Source data section start

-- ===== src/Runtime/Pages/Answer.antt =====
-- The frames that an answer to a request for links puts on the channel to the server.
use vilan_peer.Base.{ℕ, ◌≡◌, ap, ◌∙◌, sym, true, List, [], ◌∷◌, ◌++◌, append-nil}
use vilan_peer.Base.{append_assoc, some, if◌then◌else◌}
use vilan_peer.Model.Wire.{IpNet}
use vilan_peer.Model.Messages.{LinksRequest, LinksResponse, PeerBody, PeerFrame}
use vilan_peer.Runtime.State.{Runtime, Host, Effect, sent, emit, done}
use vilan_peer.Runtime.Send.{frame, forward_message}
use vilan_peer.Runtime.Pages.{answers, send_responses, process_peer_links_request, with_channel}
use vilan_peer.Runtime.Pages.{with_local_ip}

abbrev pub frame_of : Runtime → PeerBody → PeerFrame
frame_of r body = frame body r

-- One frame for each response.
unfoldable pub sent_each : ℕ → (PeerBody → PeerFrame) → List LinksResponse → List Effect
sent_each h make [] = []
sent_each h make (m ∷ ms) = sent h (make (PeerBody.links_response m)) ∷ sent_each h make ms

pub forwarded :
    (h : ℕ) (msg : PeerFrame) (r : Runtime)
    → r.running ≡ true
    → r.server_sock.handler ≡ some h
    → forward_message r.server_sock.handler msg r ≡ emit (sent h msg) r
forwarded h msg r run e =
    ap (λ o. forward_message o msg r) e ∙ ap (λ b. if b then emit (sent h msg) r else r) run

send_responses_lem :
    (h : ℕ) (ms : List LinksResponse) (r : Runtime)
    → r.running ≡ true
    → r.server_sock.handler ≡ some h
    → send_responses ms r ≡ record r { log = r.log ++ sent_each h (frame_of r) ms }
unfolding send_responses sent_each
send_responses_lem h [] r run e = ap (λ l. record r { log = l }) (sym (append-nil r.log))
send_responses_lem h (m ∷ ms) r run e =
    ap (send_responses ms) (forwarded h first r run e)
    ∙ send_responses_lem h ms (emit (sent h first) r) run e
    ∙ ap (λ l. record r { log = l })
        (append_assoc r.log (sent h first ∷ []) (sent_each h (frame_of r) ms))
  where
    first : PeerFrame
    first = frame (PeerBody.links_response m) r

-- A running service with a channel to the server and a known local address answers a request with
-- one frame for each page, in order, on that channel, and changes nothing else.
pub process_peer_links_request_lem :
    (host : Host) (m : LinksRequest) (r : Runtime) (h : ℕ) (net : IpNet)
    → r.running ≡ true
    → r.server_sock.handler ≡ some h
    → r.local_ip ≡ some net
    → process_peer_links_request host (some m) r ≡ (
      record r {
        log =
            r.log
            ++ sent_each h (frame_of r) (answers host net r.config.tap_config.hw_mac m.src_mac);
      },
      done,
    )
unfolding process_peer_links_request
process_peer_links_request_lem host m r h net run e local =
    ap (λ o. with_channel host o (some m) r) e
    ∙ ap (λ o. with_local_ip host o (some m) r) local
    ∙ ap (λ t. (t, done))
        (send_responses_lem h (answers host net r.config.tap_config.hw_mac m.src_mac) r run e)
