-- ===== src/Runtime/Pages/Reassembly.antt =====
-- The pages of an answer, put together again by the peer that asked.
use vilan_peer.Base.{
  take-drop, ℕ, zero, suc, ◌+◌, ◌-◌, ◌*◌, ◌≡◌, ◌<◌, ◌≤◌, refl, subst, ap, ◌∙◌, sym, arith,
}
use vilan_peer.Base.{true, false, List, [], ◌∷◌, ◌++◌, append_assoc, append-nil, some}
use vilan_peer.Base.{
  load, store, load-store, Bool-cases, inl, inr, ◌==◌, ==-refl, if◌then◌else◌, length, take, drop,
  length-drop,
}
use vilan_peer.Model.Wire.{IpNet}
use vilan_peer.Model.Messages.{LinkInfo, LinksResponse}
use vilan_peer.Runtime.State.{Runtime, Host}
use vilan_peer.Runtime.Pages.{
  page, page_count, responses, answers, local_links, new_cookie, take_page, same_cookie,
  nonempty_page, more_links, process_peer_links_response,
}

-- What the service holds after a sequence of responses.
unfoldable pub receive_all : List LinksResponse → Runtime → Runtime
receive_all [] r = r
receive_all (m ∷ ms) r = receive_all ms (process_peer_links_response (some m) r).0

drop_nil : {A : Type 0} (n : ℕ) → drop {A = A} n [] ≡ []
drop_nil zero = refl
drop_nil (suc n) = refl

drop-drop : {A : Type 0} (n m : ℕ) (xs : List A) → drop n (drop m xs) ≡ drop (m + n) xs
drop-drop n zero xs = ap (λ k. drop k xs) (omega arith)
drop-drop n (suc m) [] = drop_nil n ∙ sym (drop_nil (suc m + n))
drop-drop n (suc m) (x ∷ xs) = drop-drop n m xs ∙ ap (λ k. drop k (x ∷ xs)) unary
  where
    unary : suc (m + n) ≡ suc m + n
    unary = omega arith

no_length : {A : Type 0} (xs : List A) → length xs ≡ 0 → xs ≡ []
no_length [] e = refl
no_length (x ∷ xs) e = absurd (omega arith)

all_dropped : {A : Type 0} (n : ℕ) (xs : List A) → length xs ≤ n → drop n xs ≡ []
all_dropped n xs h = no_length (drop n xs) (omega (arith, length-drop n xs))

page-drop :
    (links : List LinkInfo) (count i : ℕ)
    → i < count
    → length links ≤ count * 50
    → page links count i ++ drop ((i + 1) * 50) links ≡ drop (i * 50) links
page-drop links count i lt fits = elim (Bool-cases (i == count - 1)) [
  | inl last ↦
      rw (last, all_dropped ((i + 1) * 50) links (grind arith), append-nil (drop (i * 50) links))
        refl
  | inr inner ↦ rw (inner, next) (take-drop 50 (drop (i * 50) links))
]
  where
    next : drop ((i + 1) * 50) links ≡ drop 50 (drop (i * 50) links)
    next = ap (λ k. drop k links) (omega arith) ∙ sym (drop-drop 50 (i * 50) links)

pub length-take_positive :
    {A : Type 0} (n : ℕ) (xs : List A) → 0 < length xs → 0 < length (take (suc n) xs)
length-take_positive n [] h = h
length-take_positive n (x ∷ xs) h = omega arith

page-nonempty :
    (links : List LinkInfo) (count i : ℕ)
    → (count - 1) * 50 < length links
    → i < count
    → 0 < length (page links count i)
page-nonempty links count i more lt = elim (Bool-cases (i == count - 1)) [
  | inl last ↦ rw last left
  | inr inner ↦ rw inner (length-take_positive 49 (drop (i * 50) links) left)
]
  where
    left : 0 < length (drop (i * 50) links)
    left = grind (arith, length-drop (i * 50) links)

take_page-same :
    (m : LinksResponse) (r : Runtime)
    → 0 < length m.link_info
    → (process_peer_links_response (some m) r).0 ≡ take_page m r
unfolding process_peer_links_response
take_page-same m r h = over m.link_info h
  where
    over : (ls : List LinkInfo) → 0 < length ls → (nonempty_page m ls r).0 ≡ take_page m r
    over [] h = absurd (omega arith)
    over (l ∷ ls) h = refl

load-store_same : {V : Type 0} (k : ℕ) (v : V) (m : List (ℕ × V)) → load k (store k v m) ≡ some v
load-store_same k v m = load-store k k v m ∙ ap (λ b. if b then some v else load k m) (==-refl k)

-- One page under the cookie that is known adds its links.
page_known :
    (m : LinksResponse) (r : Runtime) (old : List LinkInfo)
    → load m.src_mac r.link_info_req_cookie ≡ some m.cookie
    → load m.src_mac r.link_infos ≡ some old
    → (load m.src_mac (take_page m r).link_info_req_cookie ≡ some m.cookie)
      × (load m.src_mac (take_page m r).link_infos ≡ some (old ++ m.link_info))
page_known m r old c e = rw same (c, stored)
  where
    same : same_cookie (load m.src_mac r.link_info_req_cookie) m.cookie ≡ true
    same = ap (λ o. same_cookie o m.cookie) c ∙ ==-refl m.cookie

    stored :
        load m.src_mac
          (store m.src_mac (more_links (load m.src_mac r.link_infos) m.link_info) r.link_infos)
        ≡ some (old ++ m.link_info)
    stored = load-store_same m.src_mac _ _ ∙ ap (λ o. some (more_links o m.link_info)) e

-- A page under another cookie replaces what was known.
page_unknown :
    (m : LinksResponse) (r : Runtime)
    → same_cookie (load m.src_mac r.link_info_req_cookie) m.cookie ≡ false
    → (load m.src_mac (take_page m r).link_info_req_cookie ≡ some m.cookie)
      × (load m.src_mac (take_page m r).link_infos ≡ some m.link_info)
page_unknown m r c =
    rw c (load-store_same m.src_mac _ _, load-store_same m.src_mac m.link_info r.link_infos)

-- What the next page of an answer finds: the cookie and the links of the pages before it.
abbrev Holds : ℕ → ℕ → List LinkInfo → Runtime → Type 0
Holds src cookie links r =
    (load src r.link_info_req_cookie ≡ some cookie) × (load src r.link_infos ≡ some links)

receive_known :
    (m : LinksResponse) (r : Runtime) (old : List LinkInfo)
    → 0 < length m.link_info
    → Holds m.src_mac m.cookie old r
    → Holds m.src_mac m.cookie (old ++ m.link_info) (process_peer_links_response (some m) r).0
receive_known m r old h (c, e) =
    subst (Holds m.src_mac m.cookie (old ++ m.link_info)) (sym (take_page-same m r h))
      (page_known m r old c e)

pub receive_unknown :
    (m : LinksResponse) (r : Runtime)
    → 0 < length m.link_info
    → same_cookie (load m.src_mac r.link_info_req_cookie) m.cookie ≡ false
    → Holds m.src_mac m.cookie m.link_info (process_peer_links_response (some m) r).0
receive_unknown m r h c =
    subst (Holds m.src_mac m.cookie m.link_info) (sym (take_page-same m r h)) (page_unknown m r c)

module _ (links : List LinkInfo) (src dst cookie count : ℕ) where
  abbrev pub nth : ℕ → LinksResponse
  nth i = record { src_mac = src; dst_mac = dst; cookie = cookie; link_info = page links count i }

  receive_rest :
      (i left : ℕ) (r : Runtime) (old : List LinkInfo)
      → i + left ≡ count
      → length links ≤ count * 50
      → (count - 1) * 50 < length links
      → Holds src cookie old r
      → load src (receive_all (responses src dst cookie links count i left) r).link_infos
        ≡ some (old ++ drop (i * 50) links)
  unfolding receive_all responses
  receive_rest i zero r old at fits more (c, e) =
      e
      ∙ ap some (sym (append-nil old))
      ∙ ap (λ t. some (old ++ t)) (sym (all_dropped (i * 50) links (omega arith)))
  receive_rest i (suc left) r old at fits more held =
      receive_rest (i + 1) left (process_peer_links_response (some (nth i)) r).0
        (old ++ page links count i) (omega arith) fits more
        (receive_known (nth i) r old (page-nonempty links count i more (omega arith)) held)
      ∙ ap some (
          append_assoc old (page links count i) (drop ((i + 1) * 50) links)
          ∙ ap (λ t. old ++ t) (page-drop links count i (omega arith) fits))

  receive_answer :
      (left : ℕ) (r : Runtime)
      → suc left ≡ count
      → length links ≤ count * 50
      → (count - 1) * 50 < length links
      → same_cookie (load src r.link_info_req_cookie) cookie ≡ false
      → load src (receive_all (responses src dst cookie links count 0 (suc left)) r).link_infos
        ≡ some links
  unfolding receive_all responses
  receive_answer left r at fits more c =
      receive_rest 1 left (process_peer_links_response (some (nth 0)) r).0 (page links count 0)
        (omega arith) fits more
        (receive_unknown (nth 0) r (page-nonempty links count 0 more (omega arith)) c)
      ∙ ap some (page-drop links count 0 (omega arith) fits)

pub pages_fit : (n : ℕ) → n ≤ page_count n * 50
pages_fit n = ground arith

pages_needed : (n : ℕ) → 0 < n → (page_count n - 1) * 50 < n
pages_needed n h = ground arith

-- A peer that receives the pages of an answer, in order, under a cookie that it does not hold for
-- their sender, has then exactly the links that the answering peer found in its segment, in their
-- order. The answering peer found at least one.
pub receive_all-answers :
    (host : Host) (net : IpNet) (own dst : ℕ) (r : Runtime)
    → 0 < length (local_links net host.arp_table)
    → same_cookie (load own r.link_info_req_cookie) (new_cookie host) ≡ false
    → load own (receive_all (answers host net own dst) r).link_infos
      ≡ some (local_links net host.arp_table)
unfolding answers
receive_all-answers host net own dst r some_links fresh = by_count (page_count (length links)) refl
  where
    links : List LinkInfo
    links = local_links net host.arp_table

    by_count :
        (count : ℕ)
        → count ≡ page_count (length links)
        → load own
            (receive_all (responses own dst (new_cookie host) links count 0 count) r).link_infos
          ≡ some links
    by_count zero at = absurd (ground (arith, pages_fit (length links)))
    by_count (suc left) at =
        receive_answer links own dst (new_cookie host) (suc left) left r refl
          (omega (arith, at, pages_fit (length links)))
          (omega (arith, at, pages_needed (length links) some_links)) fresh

Source data section end

▸ What you have to do: Which lines of the records above hold the word "Messages"? Copy each of them.

▸ Task solution:
use vilan_peer.Model.Messages.{LinksRequest, LinksResponse, PeerBody, PeerFrame}
use vilan_peer.Model.Messages.{LinkInfo, LinksResponse}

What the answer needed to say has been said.